Saved data entries
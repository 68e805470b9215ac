-- ===== src/Presence/Calls/Walks.antt =====
-- workers/presence/src/index.ts: what every write of the handlers keeps, every call keeps.
use nexnet.Common.{
  ℕ, ◌+◌, refl, sym, arith, Bool, true, [], ◌∷◌, Text, codes, subst, leb, min, Option-cases,
  Result-cases, Bool-cases, inl, inr,
}
use nexnet.Common.Map
use nexnet.Common.Map.{Map, text_key, object_key, get-set, get-delete}
use nexnet.Protocol.Requests.{Body}
use nexnet.Presence.State.{PresenceLeaseData, lease, lease_key, Update, online, offline, Tracker}
use nexnet.Presence.Requests.{check_publish, check_prekey_publish, check_remove}
use nexnet.Presence.Tracker.{
  broadcast, keep_lease, drop_lease, claim_issued_at, presence_seq, prekey_seq,
  presence_lease_ttl_ms, handle_remove_checked, handle_publish, handle_remove,
  handle_prekey_publish, handle_prekey_remove, handle_query, handle_subscribe, web_socket_close,
  expire, expire_all, cleanup_expired,
}
use nexnet.Presence.Storage.{presence_seq-PassedOver, prekey_seq-PassedOver}
use nexnet.Presence.Calls.{
  Platform, Write, publishes, publishes_prekey, removes, removes_prekey, Call, writes, queries,
  subscribes, closes, cleans, run_write, run_call,
}
use nexnet.Presence.Calls.Kept.{broadcast_each-SameTables, answered-state, Keeps}

module _ {P : Tracker → Type 0} (keeps : Keeps P) where
  broadcast-kept :
      (broken : ℕ → Bool) (update : Update) (t : Tracker) → P t → P (broadcast broken update t)
  unfolding broadcast
  broadcast-kept broken update t v =
      keeps.same_tables t (broadcast broken update t)
        (broadcast_each-SameTables broken t.subscriptions update t) v

  pub keep_lease-kept :
      (broken : ℕ → Bool) (l : PresenceLeaseData) (t : Tracker) → P t → P (keep_lease broken l t)
  unfolding keep_lease
  keep_lease-kept broken l t v =
      let kept : Tracker = record t {
        leases = Map.set t.leases l.identity l;
        storage = Map.set t.storage (lease_key l.identity) (lease l);
        cleaning = true;
      } in
      broadcast-kept broken (online l.identity l.expires_at) kept (
        keeps.same_tables _ kept (record { leases = refl; prekeys = refl; storage = refl })
          (keeps.puts_lease t v l))

  pub remove_checked-kept :
      (broken : ℕ → Bool) (id : Text) (t : Tracker) → P t → P (handle_remove_checked broken id t).0
  unfolding handle_remove_checked
  remove_checked-kept broken id t v = elim (Option-cases (Map.get t.leases id)) [
    | inl e ↦ rw (handle_remove_checked, e) v
    | inr (l, e) ↦
        rw (handle_remove_checked, e)
          (broadcast-kept broken (offline id) (drop_lease id t) (keeps.drops_lease t v id))
  ]

  module _ (platform : Platform) (broken : ℕ → Bool) (now : ℕ) (t : Tracker) (v : P t) where
    open platform use {crypto, verify_hex}

    publish-kept : (request : Body) → P (handle_publish broken crypto now request t).0
    unfolding handle_publish
    publish-kept request = elim (Result-cases (check_publish crypto now request)) [
      | inr (e, refused) ↦ rw (handle_publish, refused) v
      | inl ((body, l), checked) ↦
          elim (Option-cases (claim_issued_at (presence_seq body.identity) body.issued_at now t)) [
            | inl stale ↦ rw (handle_publish, checked, stale) v
            | inr (u, claimed) ↦
                rw (handle_publish, checked, claimed)
                  (keep_lease-kept broken
                    (record l { expires_at = min l.expires_at (now + presence_lease_ttl_ms) }) u
                    (keeps.claims _ _ now t u (presence_seq-PassedOver body.identity) claimed v))
          ]
    ]

    publish_prekey-kept :
        (request : Body) → P (handle_prekey_publish verify_hex crypto now request t).0
    unfolding handle_prekey_publish
    publish_prekey-kept request =
        elim (Result-cases (check_prekey_publish crypto now verify_hex request)) [
          | inr (e, refused) ↦ rw (handle_prekey_publish, refused) v
          | inl (body, checked) ↦
              elim (Option-cases
                (claim_issued_at (prekey_seq body.identity) body.issued_at now t)) [
                  | inl stale ↦ rw (handle_prekey_publish, checked, stale) v
                  | inr (u, claimed) ↦
                      rw (handle_prekey_publish, checked, claimed)
                        (keeps.puts_bundle u
                          (keeps.claims _ _ now t u (prekey_seq-PassedOver body.identity) claimed v)
                          (record {
                            identity = body.identity;
                            fields = body.fields;
                            auth = body.auth;
                            updated_at = now;
                          }))
                ]
        ]

    remove-kept :
        (path : Text) (request : Body) → P (handle_remove broken crypto now path request t).0
    unfolding handle_remove
    remove-kept path request =
        elim (Result-cases (check_remove crypto now (codes "presence.remove") request path)) [
          | inr (e, refused) ↦ rw (handle_remove, refused) v
          | inl (body, checked) ↦
              elim (Option-cases
                (claim_issued_at (presence_seq body.identity) body.issued_at now t)) [
                  | inl stale ↦ rw (handle_remove, checked, stale) v
                  | inr (u, claimed) ↦
                      rw (handle_remove, checked, claimed)
                        (remove_checked-kept broken body.identity u (
                          keeps.claims _ _ now t u (presence_seq-PassedOver body.identity) claimed
                            v))
                ]
        ]

    remove_prekey-kept :
        (path : Text) (request : Body) → P (handle_prekey_remove crypto now path request t).0
    unfolding handle_prekey_remove
    remove_prekey-kept path request =
        elim (Result-cases (check_remove crypto now (codes "prekeys.remove") request path)) [
          | inr (e, refused) ↦ rw (handle_prekey_remove, refused) v
          | inl (body, checked) ↦
              elim (Option-cases
                (claim_issued_at (prekey_seq body.identity) body.issued_at now t)) [
                  | inl stale ↦ rw (handle_prekey_remove, checked, stale) v
                  | inr (u, claimed) ↦
                      rw (handle_prekey_remove, checked, claimed)
                        (keeps.drops_prekey u
                          (keeps.claims _ _ now t u (prekey_seq-PassedOver body.identity) claimed v)
                          body.identity)
                ]
        ]

  expire-kept :
      (broken : ℕ → Bool) (now : ℕ) (entry : Text × PresenceLeaseData) (t : Tracker)
      → P t
      → P (expire broken now entry t)
  unfolding expire
  expire-kept broken now entry t v = elim (Bool-cases (leb entry.1.expires_at now)) [
    | inr live ↦ rw (expire, live) v
    | inl over ↦
        rw (expire, over)
          (broadcast-kept broken (offline entry.0) (drop_lease entry.0 t)
            (keeps.drops_lease t v entry.0))
  ]

  expire_all-kept :
      (broken : ℕ → Bool) (now : ℕ) (entries : Map Text PresenceLeaseData) (t : Tracker)
      → P t
      → P (expire_all broken now entries t)
  unfolding expire_all
  expire_all-kept broken now [] t v = v
  expire_all-kept broken now (entry ∷ more) t v =
      expire_all-kept broken now more (expire broken now entry t) (expire-kept broken now entry t v)

  cleanup-kept :
      (broken : ℕ → Bool) (now : ℕ) (t : Tracker) → P t → P (cleanup_expired broken now t)
  unfolding cleanup_expired
  cleanup-kept broken now t v =
      keeps.same_tables (expire_all broken now t.leases t) (cleanup_expired broken now t)
        (record { leases = ground arith; prekeys = ground arith; storage = ground arith })
        (expire_all-kept broken now t.leases t v)

  query-kept : (now : ℕ) (id : Text) (t : Tracker) → P t → P (handle_query now id t).0
  unfolding handle_query
  query-kept now id t v = elim (Option-cases (Map.get t.leases id)) [
    | inl e ↦ rw (handle_query, e) v
    | inr (l, e) ↦ elim (Bool-cases (leb l.expires_at now)) [
      | inl over ↦ rw (handle_query, e, over) (keeps.drops_lease t v id)
      | inr live ↦ rw (handle_query, e, live) v
    ]
  ]

  subscribe-kept :
      (broken : ℕ → Bool) (now : ℕ) (upgrade : Bool) (ws : ℕ) (t : Tracker)
      → P t
      → P (handle_subscribe broken now upgrade ws t).0
  unfolding handle_subscribe
  subscribe-kept broken now upgrade ws t v =
      keeps.same_tables t (handle_subscribe broken now upgrade ws t).0
        (record { leases = ground arith; prekeys = ground arith; storage = ground arith }) v

  run_write-kept :
      (platform : Platform) (broken : ℕ → Bool) (now : ℕ) (w : Write) (t : Tracker)
      → P t
      → P (run_write platform broken now w t).0
  unfolding run_write
  run_write-kept platform broken now (publishes body) t v =
      subst P (sym (answered-state _)) (publish-kept platform broken now t v body)
  run_write-kept platform broken now (publishes_prekey body) t v =
      subst P (sym (answered-state _)) (publish_prekey-kept platform broken now t v body)
  run_write-kept platform broken now (removes path body) t v =
      subst P (sym (answered-state _)) (remove-kept platform broken now t v path body)
  run_write-kept platform broken now (removes_prekey path body) t v =
      subst P (sym (answered-state _)) (remove_prekey-kept platform broken now t v path body)

  pub run_call-kept :
      (platform : Platform) (broken : ℕ → Bool) (now : ℕ) (c : Call) (t : Tracker)
      → P t
      → P (run_call platform broken now c t)
  unfolding run_call web_socket_close
  run_call-kept platform broken now (writes w) t v = run_write-kept platform broken now w t v
  run_call-kept platform broken now (queries id) t v = query-kept now id t v
  run_call-kept platform broken now (subscribes upgrade ws) t v =
      subscribe-kept broken now upgrade ws t v
  run_call-kept platform broken now (closes ws) t v =
      keeps.same_tables t (web_socket_close ws t)
        (record { leases = refl; prekeys = refl; storage = refl }) v
  run_call-kept platform broken now cleans t v = cleanup-kept broken now t v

### Task to carry out
From the records above, retype only the lines starting at the line that contains "(handle_publish, refused) v" and ending at the line that contains "(keep_lease-kept broken", both included.

### Problem solution
      | inr (e, refused) ↦ rw (handle_publish, refused) v
      | inl ((body, l), checked) ↦
          elim (Option-cases (claim_issued_at (presence_seq body.identity) body.issued_at now t)) [
            | inl stale ↦ rw (handle_publish, checked, stale) v
            | inr (u, claimed) ↦
                rw (handle_publish, checked, claimed)
                  (keep_lease-kept broken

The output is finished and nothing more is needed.